▶ [Task details]: Return only the stretch of the material below that begins with the line containing "v u w entry)" and ends with the line containing "append_prepared-AppendOutcome clock a v s u w (ok", exactly; both of those lines belong to it.
━━━━━━━━━━━━━━━━━━━━━━━━━━━━━━
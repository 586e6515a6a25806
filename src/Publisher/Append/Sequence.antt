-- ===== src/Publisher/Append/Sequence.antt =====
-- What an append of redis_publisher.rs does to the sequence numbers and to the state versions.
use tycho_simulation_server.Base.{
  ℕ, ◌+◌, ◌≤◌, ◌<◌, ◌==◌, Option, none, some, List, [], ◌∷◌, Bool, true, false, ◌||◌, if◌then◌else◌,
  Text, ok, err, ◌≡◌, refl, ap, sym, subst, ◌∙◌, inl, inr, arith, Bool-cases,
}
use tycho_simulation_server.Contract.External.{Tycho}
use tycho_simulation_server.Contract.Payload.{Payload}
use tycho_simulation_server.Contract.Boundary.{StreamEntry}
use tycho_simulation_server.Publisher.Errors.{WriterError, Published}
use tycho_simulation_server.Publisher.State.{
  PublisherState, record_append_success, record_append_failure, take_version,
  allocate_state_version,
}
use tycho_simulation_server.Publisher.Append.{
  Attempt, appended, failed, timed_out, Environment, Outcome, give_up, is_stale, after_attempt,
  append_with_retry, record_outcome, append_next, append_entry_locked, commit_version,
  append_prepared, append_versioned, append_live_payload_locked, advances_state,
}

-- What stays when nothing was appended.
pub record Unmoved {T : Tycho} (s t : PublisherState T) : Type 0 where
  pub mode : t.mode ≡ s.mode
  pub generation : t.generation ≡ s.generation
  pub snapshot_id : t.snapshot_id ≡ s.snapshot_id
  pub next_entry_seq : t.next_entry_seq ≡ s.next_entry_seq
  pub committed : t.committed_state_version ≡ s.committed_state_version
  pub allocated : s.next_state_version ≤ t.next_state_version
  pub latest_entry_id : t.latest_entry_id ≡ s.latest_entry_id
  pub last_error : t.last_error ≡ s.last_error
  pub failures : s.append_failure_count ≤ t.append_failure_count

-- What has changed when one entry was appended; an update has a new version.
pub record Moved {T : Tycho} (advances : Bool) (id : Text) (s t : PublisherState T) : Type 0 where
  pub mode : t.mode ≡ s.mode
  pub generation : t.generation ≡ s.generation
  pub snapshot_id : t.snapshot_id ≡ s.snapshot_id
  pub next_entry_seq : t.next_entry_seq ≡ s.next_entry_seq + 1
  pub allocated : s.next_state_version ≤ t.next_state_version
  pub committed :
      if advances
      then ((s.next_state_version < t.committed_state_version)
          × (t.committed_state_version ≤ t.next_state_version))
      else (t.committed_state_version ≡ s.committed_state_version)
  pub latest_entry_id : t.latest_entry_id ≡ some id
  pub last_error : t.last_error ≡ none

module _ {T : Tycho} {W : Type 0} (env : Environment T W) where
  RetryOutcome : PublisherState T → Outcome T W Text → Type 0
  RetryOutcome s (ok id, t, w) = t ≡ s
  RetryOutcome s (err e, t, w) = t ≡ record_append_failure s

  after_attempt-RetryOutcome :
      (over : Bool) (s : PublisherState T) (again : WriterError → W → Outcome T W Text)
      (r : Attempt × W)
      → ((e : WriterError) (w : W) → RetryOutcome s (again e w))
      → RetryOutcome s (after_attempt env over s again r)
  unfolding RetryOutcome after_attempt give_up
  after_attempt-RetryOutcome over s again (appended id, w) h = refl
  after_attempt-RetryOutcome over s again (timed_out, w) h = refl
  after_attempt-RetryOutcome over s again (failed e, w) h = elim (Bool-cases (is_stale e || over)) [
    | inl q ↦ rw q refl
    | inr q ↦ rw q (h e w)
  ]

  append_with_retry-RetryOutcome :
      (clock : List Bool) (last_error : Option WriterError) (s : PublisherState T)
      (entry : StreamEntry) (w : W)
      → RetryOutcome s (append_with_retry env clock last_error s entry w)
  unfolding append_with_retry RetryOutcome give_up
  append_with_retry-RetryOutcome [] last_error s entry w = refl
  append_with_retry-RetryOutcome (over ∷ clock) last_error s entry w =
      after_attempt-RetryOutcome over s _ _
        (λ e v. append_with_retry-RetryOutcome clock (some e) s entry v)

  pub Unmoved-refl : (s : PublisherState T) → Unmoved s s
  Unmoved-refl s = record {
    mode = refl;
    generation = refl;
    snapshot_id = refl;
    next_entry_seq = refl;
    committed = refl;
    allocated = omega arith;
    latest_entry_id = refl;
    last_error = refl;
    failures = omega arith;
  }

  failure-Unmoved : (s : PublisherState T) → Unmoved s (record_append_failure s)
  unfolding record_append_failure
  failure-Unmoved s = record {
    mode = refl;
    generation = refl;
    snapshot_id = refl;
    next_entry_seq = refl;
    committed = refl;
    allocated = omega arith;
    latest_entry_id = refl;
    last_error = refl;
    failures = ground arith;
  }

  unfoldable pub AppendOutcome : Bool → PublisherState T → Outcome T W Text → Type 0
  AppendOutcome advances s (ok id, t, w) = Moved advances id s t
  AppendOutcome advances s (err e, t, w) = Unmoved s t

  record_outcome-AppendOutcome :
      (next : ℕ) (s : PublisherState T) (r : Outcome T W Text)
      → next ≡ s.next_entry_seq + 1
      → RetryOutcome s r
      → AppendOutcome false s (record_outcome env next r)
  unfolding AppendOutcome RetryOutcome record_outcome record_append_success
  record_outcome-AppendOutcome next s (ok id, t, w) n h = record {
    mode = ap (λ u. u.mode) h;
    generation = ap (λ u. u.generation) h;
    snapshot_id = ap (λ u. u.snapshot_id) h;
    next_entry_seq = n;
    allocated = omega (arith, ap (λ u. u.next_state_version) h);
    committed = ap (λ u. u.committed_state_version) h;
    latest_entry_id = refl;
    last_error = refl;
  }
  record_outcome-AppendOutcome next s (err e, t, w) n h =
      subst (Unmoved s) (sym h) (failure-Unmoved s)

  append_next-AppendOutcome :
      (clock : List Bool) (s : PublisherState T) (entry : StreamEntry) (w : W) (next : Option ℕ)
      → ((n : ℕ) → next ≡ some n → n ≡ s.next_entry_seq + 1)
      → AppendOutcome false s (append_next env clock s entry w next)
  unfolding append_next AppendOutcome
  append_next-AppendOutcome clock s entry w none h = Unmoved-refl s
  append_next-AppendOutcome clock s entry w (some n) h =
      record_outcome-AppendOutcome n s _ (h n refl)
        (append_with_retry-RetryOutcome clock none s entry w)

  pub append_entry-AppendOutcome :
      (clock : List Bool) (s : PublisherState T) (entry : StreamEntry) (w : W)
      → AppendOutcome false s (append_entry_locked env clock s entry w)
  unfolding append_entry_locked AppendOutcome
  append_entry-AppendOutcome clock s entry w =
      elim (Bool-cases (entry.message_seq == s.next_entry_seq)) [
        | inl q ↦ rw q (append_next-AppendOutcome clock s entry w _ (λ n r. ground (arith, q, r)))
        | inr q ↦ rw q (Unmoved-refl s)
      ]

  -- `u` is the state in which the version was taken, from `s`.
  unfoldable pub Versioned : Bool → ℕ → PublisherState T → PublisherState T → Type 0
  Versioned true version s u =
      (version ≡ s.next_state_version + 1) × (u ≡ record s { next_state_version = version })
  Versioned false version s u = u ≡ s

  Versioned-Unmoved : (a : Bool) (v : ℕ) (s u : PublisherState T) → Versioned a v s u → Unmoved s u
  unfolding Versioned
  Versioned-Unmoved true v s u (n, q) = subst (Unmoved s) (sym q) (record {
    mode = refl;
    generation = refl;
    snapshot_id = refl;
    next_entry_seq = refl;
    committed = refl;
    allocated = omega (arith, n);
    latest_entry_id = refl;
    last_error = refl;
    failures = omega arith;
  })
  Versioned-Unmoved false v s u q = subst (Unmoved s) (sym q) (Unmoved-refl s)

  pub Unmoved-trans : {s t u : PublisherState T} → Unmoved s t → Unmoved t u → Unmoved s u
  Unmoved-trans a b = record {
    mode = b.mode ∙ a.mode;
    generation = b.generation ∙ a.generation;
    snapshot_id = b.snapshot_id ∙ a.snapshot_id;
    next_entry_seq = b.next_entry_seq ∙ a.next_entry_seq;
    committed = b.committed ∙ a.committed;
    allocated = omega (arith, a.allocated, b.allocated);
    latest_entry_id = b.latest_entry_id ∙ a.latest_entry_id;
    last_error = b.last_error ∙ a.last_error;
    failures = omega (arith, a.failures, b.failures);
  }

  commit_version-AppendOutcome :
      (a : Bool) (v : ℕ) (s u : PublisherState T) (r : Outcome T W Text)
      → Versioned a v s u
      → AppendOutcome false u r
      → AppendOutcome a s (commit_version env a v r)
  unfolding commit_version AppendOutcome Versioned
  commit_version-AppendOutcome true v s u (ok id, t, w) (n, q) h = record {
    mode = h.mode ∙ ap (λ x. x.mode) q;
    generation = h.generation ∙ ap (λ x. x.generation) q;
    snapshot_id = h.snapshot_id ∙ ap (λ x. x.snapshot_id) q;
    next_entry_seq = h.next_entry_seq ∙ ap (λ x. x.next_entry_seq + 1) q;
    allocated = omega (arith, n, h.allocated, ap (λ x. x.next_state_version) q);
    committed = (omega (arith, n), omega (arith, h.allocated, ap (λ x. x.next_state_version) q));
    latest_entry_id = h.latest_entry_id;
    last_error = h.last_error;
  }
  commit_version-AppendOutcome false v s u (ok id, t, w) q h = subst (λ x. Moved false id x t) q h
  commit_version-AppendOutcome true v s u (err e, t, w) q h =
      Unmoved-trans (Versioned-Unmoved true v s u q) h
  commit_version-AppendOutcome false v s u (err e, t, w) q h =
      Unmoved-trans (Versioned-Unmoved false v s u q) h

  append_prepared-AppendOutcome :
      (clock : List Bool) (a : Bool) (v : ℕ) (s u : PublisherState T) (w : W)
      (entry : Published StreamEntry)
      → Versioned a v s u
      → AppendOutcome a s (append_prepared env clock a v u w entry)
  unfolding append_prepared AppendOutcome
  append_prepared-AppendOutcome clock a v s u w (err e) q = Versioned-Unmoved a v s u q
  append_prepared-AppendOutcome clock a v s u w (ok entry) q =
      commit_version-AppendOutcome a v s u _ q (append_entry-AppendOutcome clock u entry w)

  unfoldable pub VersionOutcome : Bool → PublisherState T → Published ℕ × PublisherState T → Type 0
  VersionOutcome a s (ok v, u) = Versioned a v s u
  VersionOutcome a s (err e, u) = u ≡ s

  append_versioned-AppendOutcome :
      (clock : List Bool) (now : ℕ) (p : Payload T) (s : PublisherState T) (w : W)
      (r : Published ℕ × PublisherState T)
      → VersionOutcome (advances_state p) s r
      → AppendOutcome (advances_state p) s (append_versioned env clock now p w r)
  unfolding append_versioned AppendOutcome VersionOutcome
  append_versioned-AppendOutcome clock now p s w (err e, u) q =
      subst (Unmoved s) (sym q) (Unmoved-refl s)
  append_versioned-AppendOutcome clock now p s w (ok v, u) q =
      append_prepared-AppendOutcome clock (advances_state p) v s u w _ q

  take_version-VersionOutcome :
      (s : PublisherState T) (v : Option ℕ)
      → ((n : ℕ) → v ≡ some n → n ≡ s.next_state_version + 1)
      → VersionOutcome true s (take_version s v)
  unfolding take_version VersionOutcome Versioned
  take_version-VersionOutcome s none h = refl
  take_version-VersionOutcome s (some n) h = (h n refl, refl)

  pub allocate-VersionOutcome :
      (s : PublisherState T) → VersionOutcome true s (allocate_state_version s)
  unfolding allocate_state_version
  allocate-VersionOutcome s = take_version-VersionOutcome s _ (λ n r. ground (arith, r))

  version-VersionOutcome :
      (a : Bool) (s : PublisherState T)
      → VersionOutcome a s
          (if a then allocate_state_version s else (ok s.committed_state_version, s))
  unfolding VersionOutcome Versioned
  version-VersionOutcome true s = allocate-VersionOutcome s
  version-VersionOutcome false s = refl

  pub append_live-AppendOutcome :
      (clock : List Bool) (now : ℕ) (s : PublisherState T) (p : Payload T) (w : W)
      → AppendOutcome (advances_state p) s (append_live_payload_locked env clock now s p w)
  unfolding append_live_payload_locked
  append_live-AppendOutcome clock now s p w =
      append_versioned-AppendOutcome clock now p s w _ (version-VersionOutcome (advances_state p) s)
━━━━━━━━━━━━━━━━━━━━━━━━━━━━━━
▶ [Reply to the task]:
      → AppendOutcome a s (append_prepared env clock a v u w entry)
  unfolding append_prepared AppendOutcome
  append_prepared-AppendOutcome clock a v s u w (err e) q = Versioned-Unmoved a v s u q
  append_prepared-AppendOutcome clock a v s u w (ok entry) q =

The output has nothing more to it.